- Theatrical release poster
- Directed by: Cy Endfield
- Screenplay by: Cy Endfield
- Based on: A Child in the House by Janet McNeill
- Produced by: Benjamin Fisz
- Starring: Phyllis Calvert Eric Portman Stanley Baker
- Cinematography: Otto Heller
- Edited by: Charles Hasse
- Music by: Mario Nascimbene
- Production companies: Laureate Golden Era Film Distributors
- Distributed by: Eros Films (UK)
- Release dates: 14 August 1956 (London, UK);
- Running time: 90 minutes
- Country: United Kingdom
- Language: English

= Child in the House =

1956 British film by Cy Endfield

Child in the House is a 1956 British drama film directed and written by Cy Endfield and starring Phyllis Calvert, Eric Portman and Stanley Baker. It is based on the 1955 novel A Child in the House by Janet McNeill. A girl struggles to cope with her uncaring relatives.

== Plot ==
Elizabeth Lorimer is an 11-year-old girl being temporarily looked after by her wealthy aunt and uncle. Her mother is in hospital and her criminal father Stephen is allegedly out of the country, but is in fact hiding in London on the run from the police. Stephen secretly meets with Elizabeth, making her promise not to tell anyone where he is. Elizabeth is tricked by her aunt into revealing Stephen's location, and he gives himself up.

== Cast ==
- Phyllis Calvert as Evelyn Acheson
- Eric Portman as Henry Acheson
- Stanley Baker as Stephen Lorimer
- Mandy Miller as Elizabeth Lorimer
- Dora Bryan as Cassie
- Joan Hickson as Cook
- Victor Maddern as Bert
- Percy Herbert as Detective Sergeant Taylor
- Joan Benham as Vera McNally
- Martin Miller as Professor Topolski
- Christopher Toyne as Peter McNally
- Molly Urquhart as Mrs Parsons
- Bruce Beeby as Constable Jennings
- Peter Burton as Howard Forbes
- Maggie Smith as party guest (screen debut, uncredited)
- Alfie Bass as ticket collector

==Production==
It was the first of several collaborations between Stanley Baker and Cy Endfield.
==Critical reception==
Kine Weekly said "Polished an appealing domestric melodrama, set in Belgravia. The distinguished adult players admirably support the young star, the dialogue is crisp and the staging impressive. ... The picture contains much more than that which meets the eye, but neither its child nor its feminine psychology is permitted to soar above the masses' heads."

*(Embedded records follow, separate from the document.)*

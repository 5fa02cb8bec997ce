-- ===== src/VisionBridge.antt =====
-- The node of ssl_vision_bridge_node.cpp: the receiver of core with the callback that publishes. The
-- parser of vision packets and the conversion of what it yields are parameters; the node's state is
-- what it has published, latest last.
pub mod Tests
pub mod Launch
use ssl_ros_bridge.Prelude.{
  ℕ, ◌≡◌, refl, sym, ap, ◌∙◌, Bool, true, false, Option, none, some, List, [], ◌∷◌, ◌++◌, String,
  Call, returned, threw, Option-cases, inl, inr, arith,
}
use mathlib.Core.List.{append-nil, append_assoc}
use ssl_ros_bridge.Core.Receiver.{MulticastReceiver, Socket, Completion, run_receives, new_receiver}
use ssl_ros_bridge.Core.Receiver.Delivery.{before_failure, conversions, call_each, run_receives_lem}
use ssl_ros_bridge.Core.Receiver.Joining.{constructed}

module _ {Packet Message : Type 0} (parse_packet : List ℕ → Option Packet)
    (from_proto : Packet → Message) where
  -- `multicastCallback`, which is bound to the third and the fourth argument.
  unfoldable pub multicast_callback : String → ℕ → List ℕ → List Message → List Message
  multicast_callback address port buffer published = elim (parse_packet buffer) [
    | none ↦ published
    | some packet ↦ published ++ (from_proto packet ∷ [])
  ]

  call_each-conversions :
      (datagrams : List (String × ℕ × List ℕ)) (published : List Message)
      → call_each multicast_callback datagrams published
        ≡ published ++ conversions parse_packet from_proto datagrams
  unfolding multicast_callback
  call_each-conversions [] published = sym (append-nil published)
  call_each-conversions ((address, port, bytes) ∷ rest) published =
      elim (Option-cases (parse_packet bytes)) [
        | inl e ↦ rw (multicast_callback, conversions, e) (call_each-conversions rest published)
        | inr (packet, e) ↦
            rw (multicast_callback, conversions, e)
              (call_each-conversions rest (published ++ (from_proto packet ∷ []))
                ∙ append_assoc published (from_proto packet ∷ [])
                    (conversions parse_packet from_proto rest))
      ]

  -- A node whose receiver was constructed publishes, up to the first error of its socket and not
  -- after it, the conversion of each datagram that can be parsed, once and in order.
  pub vision_bridge_published :
      (socket : Socket) (available : List String) (memory : List ℕ) (interface_address : String)
      (cs : List Completion) {r : MulticastReceiver (List Message)}
      → new_receiver socket available memory interface_address [] ≡ returned r
      → (run_receives multicast_callback cs r).owner
        ≡ conversions parse_packet from_proto (before_failure cs)
  vision_bridge_published socket available memory interface_address cs {r} e =
      let (listens, fresh) = constructed socket available memory interface_address e in
      rw (run_receives_lem multicast_callback cs r listens, fresh)
        (call_each-conversions (before_failure cs) [])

Variety said "With a minium of dialog, Mandy [Miller] arouses sympathy for the forlorn defiant child. Phyllis Calvert subtly conveys the underlying malice behind the aunt's apparent solitide. Eric Portman is wasted as her husband, with little to do but offer frigid politeness to his wife, and mute alliance with the youngster. Stanley Baker makes a mixed personality of the crooked father, his characterization being more realistic in the later reels when he is on the run. Dora Bryan brings a breath of cockney joyousness to the role of the sympathetic housemaid, livening the otherwise stilted atmosphere."

In British Sound Films: The Studio Years 1928–1959 David Quinlan rated the film as "average", writing: "Standard weepie with stars uneasily cast."

Leslie Halliwell said: "Modest family drama of the novelette type in which adult problems are put right by the wisdom of a child."

TV Guide called the film a "calculated tearjerker".

The Radio Times wrote "good for a tear or two, though Portman and Calvert are rather oddly cast."